**Assigned task:**
Beginning at the top of the data below, write out every line exactly until you reach the line with "-- the rule", and include that line.

**Raw data:**
▼

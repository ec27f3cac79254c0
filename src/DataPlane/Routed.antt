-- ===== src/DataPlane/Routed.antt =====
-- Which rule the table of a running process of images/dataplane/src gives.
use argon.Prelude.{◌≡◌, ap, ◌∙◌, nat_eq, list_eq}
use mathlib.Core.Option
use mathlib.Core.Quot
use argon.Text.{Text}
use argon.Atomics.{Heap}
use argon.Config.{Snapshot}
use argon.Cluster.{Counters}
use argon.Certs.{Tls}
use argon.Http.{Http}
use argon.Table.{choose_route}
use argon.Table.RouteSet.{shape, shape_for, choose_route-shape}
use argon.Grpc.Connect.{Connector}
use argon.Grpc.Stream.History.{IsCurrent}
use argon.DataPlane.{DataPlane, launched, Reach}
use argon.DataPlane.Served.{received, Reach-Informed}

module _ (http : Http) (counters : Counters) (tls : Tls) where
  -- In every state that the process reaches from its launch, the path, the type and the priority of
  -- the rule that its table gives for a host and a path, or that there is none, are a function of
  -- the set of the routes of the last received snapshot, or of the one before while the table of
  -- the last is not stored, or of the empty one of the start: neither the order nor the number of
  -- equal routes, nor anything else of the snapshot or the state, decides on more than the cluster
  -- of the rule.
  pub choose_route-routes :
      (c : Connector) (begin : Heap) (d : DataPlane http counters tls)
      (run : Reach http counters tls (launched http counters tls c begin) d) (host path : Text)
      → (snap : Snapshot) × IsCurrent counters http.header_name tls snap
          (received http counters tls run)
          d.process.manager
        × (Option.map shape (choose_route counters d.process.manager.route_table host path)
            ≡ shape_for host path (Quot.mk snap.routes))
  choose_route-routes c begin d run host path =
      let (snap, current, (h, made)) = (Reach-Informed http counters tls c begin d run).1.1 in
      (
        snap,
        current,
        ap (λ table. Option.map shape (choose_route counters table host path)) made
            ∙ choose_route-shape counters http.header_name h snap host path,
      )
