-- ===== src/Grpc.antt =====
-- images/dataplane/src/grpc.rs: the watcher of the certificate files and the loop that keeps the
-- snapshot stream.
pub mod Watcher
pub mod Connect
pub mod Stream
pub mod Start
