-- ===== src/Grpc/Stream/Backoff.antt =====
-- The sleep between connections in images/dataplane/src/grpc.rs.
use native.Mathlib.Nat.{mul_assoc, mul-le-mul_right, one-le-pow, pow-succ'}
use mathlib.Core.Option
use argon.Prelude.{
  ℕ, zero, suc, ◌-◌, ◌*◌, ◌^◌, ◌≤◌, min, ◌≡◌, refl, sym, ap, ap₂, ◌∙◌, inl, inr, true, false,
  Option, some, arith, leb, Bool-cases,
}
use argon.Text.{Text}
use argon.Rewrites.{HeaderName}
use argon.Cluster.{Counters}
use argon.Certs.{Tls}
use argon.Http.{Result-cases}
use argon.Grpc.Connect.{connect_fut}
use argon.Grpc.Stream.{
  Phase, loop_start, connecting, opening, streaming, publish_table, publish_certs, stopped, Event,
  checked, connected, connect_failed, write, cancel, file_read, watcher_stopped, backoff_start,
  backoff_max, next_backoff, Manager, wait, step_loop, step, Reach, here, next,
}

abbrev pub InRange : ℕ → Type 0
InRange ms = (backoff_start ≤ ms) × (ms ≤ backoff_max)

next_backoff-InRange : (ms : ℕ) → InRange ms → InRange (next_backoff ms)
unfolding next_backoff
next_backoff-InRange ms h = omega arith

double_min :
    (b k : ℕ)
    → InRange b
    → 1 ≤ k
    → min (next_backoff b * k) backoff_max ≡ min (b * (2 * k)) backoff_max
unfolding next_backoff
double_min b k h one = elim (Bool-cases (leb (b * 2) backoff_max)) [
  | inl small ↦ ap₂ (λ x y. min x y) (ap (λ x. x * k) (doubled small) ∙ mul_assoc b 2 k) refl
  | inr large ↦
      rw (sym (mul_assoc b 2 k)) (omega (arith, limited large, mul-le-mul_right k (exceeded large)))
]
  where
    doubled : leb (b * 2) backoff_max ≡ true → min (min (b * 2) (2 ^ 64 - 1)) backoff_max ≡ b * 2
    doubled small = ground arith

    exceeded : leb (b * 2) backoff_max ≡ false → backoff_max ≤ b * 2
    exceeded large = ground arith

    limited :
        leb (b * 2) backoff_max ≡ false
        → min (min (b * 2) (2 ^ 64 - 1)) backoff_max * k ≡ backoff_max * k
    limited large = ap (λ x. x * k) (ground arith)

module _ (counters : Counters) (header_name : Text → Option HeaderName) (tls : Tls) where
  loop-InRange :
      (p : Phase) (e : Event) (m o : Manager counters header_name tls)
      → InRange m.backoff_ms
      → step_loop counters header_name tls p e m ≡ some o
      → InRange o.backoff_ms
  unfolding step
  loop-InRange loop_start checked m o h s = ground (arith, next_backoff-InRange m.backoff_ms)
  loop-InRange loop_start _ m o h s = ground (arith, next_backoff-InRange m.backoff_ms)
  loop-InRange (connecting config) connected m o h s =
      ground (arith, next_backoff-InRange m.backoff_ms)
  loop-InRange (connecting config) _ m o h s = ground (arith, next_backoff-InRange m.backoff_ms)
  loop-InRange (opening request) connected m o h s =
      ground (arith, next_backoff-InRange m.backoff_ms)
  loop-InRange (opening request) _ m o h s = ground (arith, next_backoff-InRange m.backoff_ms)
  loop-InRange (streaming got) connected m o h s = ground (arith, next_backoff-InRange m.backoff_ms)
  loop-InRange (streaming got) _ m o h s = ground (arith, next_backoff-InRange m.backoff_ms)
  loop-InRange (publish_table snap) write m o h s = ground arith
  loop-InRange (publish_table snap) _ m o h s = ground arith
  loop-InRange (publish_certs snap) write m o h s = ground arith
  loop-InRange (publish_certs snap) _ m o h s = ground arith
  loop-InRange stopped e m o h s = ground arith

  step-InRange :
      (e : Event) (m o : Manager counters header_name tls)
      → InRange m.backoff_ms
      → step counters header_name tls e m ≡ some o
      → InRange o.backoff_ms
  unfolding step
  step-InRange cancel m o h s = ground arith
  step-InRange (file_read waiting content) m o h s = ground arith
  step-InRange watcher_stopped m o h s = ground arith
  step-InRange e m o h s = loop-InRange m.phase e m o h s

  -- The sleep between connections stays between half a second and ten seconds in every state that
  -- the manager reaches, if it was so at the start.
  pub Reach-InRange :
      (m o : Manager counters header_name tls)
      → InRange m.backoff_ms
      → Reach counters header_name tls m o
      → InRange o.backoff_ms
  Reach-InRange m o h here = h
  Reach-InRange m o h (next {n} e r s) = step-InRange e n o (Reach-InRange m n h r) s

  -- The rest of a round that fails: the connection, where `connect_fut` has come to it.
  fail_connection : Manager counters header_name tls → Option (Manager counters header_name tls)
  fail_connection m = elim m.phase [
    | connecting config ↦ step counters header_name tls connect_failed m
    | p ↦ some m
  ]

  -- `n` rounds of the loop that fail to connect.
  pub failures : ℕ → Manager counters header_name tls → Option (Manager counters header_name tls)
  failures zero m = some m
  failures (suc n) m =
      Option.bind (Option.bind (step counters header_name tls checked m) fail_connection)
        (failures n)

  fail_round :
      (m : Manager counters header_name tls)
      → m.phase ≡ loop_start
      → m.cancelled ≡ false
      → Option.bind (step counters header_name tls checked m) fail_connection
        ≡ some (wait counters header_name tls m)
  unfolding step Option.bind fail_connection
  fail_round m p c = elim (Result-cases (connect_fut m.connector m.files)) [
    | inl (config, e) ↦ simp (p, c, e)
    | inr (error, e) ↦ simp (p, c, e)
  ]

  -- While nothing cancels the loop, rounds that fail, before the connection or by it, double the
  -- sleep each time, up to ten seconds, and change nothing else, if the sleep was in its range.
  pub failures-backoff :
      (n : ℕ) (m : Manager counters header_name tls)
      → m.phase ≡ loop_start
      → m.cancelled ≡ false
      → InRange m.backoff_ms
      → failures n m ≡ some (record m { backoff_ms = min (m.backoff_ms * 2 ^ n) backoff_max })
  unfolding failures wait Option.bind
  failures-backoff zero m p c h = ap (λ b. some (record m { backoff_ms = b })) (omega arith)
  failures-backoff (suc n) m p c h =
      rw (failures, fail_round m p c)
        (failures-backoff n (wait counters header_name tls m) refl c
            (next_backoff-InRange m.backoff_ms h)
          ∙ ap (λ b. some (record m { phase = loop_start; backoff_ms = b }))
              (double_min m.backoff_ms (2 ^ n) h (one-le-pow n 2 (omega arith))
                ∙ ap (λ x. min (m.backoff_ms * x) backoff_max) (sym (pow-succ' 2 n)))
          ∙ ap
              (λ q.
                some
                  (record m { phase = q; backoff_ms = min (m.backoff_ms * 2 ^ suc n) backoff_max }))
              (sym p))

▲

**Response to this task:**
repository ec27f3cac79254c0
filename src/DataPlane/Routed.antt
-- ===== src/DataPlane/Routed.antt =====
-- Which rule the table of a running process of images/dataplane/src gives.
use argon.Prelude.{◌≡◌, ap, ◌∙◌, nat_eq, list_eq}
use mathlib.Core.Option
use mathlib.Core.Quot
use argon.Text.{Text}
use argon.Atomics.{Heap}
use argon.Config.{Snapshot}
use argon.Cluster.{Counters}
use argon.Certs.{Tls}
use argon.Http.{Http}
use argon.Table.{choose_route}
use argon.Table.RouteSet.{shape, shape_for, choose_route-shape}
use argon.Grpc.Connect.{Connector}
use argon.Grpc.Stream.History.{IsCurrent}
use argon.DataPlane.{DataPlane, launched, Reach}
use argon.DataPlane.Served.{received, Reach-Informed}

module _ (http : Http) (counters : Counters) (tls : Tls) where
  -- In every state that the process reaches from its launch, the path, the type and the priority of
  -- the rule that its table gives for a host and a path, or that there is none, are a function of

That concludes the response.